[GOAL OF THE EXERCISE]
Beginning with the line that holds "check_rule is_numeric name value unknown" in the data below, give again every line through the one that holds "check_rule is_numeric name value integer", exactly as written.

[PROVIDED ENTRIES]

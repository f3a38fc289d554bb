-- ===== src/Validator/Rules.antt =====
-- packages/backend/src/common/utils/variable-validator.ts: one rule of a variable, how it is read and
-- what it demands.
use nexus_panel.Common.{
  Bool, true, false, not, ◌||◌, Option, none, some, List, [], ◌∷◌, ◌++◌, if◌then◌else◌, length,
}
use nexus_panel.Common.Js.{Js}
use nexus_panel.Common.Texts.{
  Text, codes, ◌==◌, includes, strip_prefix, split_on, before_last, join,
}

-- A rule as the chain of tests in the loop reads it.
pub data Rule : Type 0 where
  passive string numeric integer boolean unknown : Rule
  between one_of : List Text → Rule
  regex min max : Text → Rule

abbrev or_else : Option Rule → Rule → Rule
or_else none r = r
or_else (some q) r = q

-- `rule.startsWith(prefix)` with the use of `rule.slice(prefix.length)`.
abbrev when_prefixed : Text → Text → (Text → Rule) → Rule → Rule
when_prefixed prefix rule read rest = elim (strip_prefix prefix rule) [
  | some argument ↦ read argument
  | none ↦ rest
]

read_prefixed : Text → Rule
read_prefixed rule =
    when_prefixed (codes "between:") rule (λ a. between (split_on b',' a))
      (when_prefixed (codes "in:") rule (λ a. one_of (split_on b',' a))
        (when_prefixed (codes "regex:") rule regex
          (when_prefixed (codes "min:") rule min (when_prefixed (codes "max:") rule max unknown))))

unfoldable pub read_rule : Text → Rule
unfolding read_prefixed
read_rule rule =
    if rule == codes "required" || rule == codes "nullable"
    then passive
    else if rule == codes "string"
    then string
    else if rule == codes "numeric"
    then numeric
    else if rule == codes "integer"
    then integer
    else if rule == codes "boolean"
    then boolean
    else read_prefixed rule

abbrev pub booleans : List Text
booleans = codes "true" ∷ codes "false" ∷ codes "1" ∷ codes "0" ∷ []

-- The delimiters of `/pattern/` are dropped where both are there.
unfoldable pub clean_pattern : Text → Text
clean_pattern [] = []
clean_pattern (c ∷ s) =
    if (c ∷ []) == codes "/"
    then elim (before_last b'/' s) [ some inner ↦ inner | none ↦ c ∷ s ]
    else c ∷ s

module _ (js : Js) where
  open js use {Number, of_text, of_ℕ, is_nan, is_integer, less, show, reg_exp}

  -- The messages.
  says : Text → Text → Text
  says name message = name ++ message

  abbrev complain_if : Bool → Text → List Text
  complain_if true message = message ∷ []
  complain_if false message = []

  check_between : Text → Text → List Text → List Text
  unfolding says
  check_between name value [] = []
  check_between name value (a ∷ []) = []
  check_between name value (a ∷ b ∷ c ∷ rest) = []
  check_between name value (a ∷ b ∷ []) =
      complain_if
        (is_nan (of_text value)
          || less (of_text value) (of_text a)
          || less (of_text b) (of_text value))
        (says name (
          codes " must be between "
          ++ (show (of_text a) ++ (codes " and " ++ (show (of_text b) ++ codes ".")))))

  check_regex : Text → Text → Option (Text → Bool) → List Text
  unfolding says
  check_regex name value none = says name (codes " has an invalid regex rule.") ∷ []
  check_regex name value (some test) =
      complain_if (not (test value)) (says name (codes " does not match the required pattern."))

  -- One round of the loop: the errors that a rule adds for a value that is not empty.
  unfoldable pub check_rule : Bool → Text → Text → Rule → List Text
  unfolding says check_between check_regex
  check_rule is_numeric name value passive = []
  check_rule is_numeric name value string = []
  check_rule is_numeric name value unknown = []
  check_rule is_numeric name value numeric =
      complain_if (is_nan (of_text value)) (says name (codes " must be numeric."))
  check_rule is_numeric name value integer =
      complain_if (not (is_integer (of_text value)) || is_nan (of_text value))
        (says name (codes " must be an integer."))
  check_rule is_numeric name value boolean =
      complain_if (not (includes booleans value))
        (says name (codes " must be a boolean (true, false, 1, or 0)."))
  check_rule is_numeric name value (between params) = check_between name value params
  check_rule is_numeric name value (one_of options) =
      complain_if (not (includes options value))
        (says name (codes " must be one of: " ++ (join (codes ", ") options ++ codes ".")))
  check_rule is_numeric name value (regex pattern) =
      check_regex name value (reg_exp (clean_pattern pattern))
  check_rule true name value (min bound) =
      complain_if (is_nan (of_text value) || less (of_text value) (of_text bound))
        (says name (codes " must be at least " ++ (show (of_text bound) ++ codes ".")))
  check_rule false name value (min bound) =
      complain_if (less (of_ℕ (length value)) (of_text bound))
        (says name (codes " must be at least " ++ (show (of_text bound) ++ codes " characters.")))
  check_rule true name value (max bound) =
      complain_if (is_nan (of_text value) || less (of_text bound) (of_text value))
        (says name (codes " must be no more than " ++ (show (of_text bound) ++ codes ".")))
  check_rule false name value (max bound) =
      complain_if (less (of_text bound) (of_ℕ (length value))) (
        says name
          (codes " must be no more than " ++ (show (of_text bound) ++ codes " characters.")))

[EXERCISE ANSWER]
  check_rule is_numeric name value unknown = []
  check_rule is_numeric name value numeric =
      complain_if (is_nan (of_text value)) (says name (codes " must be numeric."))
  check_rule is_numeric name value integer =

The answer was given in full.